• Your objective
Word for word, restate each entry in the listing below.

── Dataset records

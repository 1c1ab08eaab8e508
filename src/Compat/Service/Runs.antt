-- ===== src/Compat/Service/Runs.antt =====
-- crust/src/compat/service.rs and event_loop.rs: the runs of the event loop, as steps of the commands
-- that it receives and of the tasks on it.
use crust_futures.Base.{ℕ, ◌≡◌, List, Bool, true, Result, Memᴰ}
use crust_futures.Addr.{SocketAddr, CrustUser, Uid}
use crust_futures.Net.{IoError}
use crust_futures.Config.{ConfigSettings}
use crust_futures.ConnectionInfo.{PrivConnectionInfo}
use crust_futures.Compat.Map
use crust_futures.Compat.Map.{ReadTask}
use crust_futures.Compat.Service

-- A command, by the method of the service that sends it.
pub data Command (U B : Type 0) : Type 0 where
  start_service_discovery : Command U B
  set_service_discovery_listen : Bool → Result IoError ℕ → Command U B
  set_accept_bootstrap : Bool → Command U B
  start_bootstrap : List SocketAddr → CrustUser → Command U B
  stop_bootstrap start_listening_tcp stop_tcp_listener : Command U B
  prepare_connection_info : ℕ → Command U B
  connect disconnect : U → Command U B
  send : (ℕ → Bool) → U → B → ℕ → Command U B

module _ {U B : Type 0} (uids : Uid U) where
  -- `cb.call_box(&mut service_state)`.
  unfoldable pub call_box : Command U B → Service.ServiceState U B → Service.ServiceState U B
  call_box start_service_discovery s = Service.start_service_discovery s
  call_box (set_service_discovery_listen listen started) s =
      Service.set_service_discovery_listen listen started s
  call_box (set_accept_bootstrap accept) s = Service.set_accept_bootstrap accept s
  call_box (start_bootstrap blacklist crust_user) s = Service.start_bootstrap blacklist crust_user s
  call_box stop_bootstrap s = Service.stop_bootstrap s
  call_box start_listening_tcp s = Service.start_listening_tcp s
  call_box stop_tcp_listener s = Service.stop_tcp_listener s
  call_box (prepare_connection_info result_token) s = Service.prepare_connection_info result_token s
  call_box (connect their_uid) s = Service.connect their_uid s
  call_box (disconnect peer_uid) s = (Service.disconnect uids peer_uid s).0
  call_box (send accepts peer_uid msg priority) s =
      (Service.send uids accepts peer_uid msg priority s).0

module _ {U B : Type 0} (E : Type 0) (uids : Uid U) where
  -- A step of the event loop: a command, or the progress of a task that is there.
  pub data Step (s : Service.ServiceState U B) : Service.ServiceState U B → Type 0 where
    calls : (c : Command U B) → Step s (call_box uids c s)
    updates : (c : ConfigSettings) → Step s (Service.config_updated uids c s)
    accepts :
        (t : Service.Task U) (uid : U) (kind : CrustUser) (addr : Result E SocketAddr)
        → Memᴰ t s.tasks
        → t.job ≡ Service.accepting
        → Step s (Service.accepted_step uids uid kind addr s)
    bootstraps :
        (t : Service.Task U) (blacklist : List SocketAddr) (discover : Bool) (user : CrustUser)
        (res : Result E (U × CrustUser × Result E SocketAddr))
        → Memᴰ t s.tasks
        → t.job ≡ Service.bootstrapping blacklist discover user
        → Step s (Service.bootstrapped_step uids t.id res s)
    listens :
        (t : Service.Task U) (res : Result IoError ℕ)
        → Memᴰ t s.tasks
        → t.job ≡ Service.starting
        → Step s (Service.listener_started_step t.id res s)
    prepares :
        (t : Service.Task U) (token : ℕ) (res : Result IoError (PrivConnectionInfo U))
        → Memᴰ t s.tasks
        → t.job ≡ Service.preparing token
        → Step s (Service.prepared_step t.id token res s)
    connects :
        (t : Service.Task U) (uid : U) (res : Result E (CrustUser × Result E SocketAddr))
        → Memᴰ t s.tasks
        → t.job ≡ Service.connecting uid
        → Step s (Service.connected_step uids t.id uid res s)
    ends :
        (t : Service.Task U)
        → Memᴰ t s.tasks
        → t.notified ≡ true
        → Step s (record s { tasks = Service.end_task t.id s.tasks })
    receives :
        (t : ReadTask U) (msg : B)
        → Memᴰ t s.cm.tasks
        → Step s (record s { cm = Map.receive uids t msg s.cm })
    finishes :
        (t : ReadTask U) → Memᴰ t s.cm.tasks → Step s (record s { cm = Map.finish uids t s.cm })
    drops : Step s (Service.drop uids s)

  pub data Run (s : Service.ServiceState U B) : Service.ServiceState U B → Type 0 where
    here : Run s s
    next : {t u : Service.ServiceState U B} → Run s t → Step t u → Run s u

────

• Solution to this problem
repository 1c1ab08eaab8e508
filename src/Compat/Service/Runs.antt
-- ===== src/Compat/Service/Runs.antt =====
-- crust/src/compat/service.rs and event_loop.rs: the runs of the event loop, as steps of the commands
-- that it receives and of the tasks on it.
use crust_futures.Base.{ℕ, ◌≡◌, List, Bool, true, Result, Memᴰ}
use crust_futures.Addr.{SocketAddr, CrustUser, Uid}
use crust_futures.Net.{IoError}
use crust_futures.Config.{ConfigSettings}
use crust_futures.ConnectionInfo.{PrivConnectionInfo}
use crust_futures.Compat.Map
use crust_futures.Compat.Map.{ReadTask}
use crust_futures.Compat.Service

-- A command, by the method of the service that sends it.
pub data Command (U B : Type 0) : Type 0 where
  start_service_discovery : Command U B
  set_service_discovery_listen : Bool → Result IoError ℕ → Command U B
  set_accept_bootstrap : Bool → Command U B
  start_bootstrap : List SocketAddr → CrustUser → Command U B
  stop_bootstrap start_listening_tcp stop_tcp_listener : Command U B
  prepare_connection_info : ℕ → Command U B
  connect disconnect : U → Command U B
  send : (ℕ → Bool) → U → B → ℕ → Command U B

module _ {U B : Type 0} (uids : Uid U) where
  -- `cb.call_box(&mut service_state)`.
  unfoldable pub call_box : Command U B → Service.ServiceState U B → Service.ServiceState U B
  call_box start_service_discovery s = Service.start_service_discovery s
  call_box (set_service_discovery_listen listen started) s =
      Service.set_service_discovery_listen listen started s
  call_box (set_accept_bootstrap accept) s = Service.set_accept_bootstrap accept s
  call_box (start_bootstrap blacklist crust_user) s = Service.start_bootstrap blacklist crust_user s
  call_box stop_bootstrap s = Service.stop_bootstrap s
  call_box start_listening_tcp s = Service.start_listening_tcp s
  call_box stop_tcp_listener s = Service.stop_tcp_listener s
  call_box (prepare_connection_info result_token) s = Service.prepare_connection_info result_token s
  call_box (connect their_uid) s = Service.connect their_uid s
  call_box (disconnect peer_uid) s = (Service.disconnect uids peer_uid s).0
  call_box (send accepts peer_uid msg priority) s =
      (Service.send uids accepts peer_uid msg priority s).0

module _ {U B : Type 0} (E : Type 0) (uids : Uid U) where
  -- A step of the event loop: a command, or the progress of a task that is there.
  pub data Step (s : Service.ServiceState U B) : Service.ServiceState U B → Type 0 where
    calls : (c : Command U B) → Step s (call_box uids c s)
    updates : (c : ConfigSettings) → Step s (Service.config_updated uids c s)
    accepts :
        (t : Service.Task U) (uid : U) (kind : CrustUser) (addr : Result E SocketAddr)
        → Memᴰ t s.tasks
        → t.job ≡ Service.accepting
        → Step s (Service.accepted_step uids uid kind addr s)
    bootstraps :
        (t : Service.Task U) (blacklist : List SocketAddr) (discover : Bool) (user : CrustUser)
        (res : Result E (U × CrustUser × Result E SocketAddr))
        → Memᴰ t s.tasks
        → t.job ≡ Service.bootstrapping blacklist discover user
        → Step s (Service.bootstrapped_step uids t.id res s)
    listens :
        (t : Service.Task U) (res : Result IoError ℕ)
        → Memᴰ t s.tasks
        → t.job ≡ Service.starting
        → Step s (Service.listener_started_step t.id res s)
    prepares :
        (t : Service.Task U) (token : ℕ) (res : Result IoError (PrivConnectionInfo U))
        → Memᴰ t s.tasks
        → t.job ≡ Service.preparing token
        → Step s (Service.prepared_step t.id token res s)
    connects :
        (t : Service.Task U) (uid : U) (res : Result E (CrustUser × Result E SocketAddr))
        → Memᴰ t s.tasks
        → t.job ≡ Service.connecting uid
        → Step s (Service.connected_step uids t.id uid res s)
    ends :
        (t : Service.Task U)
        → Memᴰ t s.tasks
        → t.notified ≡ true
        → Step s (record s { tasks = Service.end_task t.id s.tasks })
    receives :
        (t : ReadTask U) (msg : B)
        → Memᴰ t s.cm.tasks
        → Step s (record s { cm = Map.receive uids t msg s.cm })
    finishes :
        (t : ReadTask U) → Memᴰ t s.cm.tasks → Step s (record s { cm = Map.finish uids t s.cm })
    drops : Step s (Service.drop uids s)

  pub data Run (s : Service.ServiceState U B) : Service.ServiceState U B → Type 0 where
    here : Run s s
    next : {t u : Service.ServiceState U B} → Run s t → Step t u → Run s u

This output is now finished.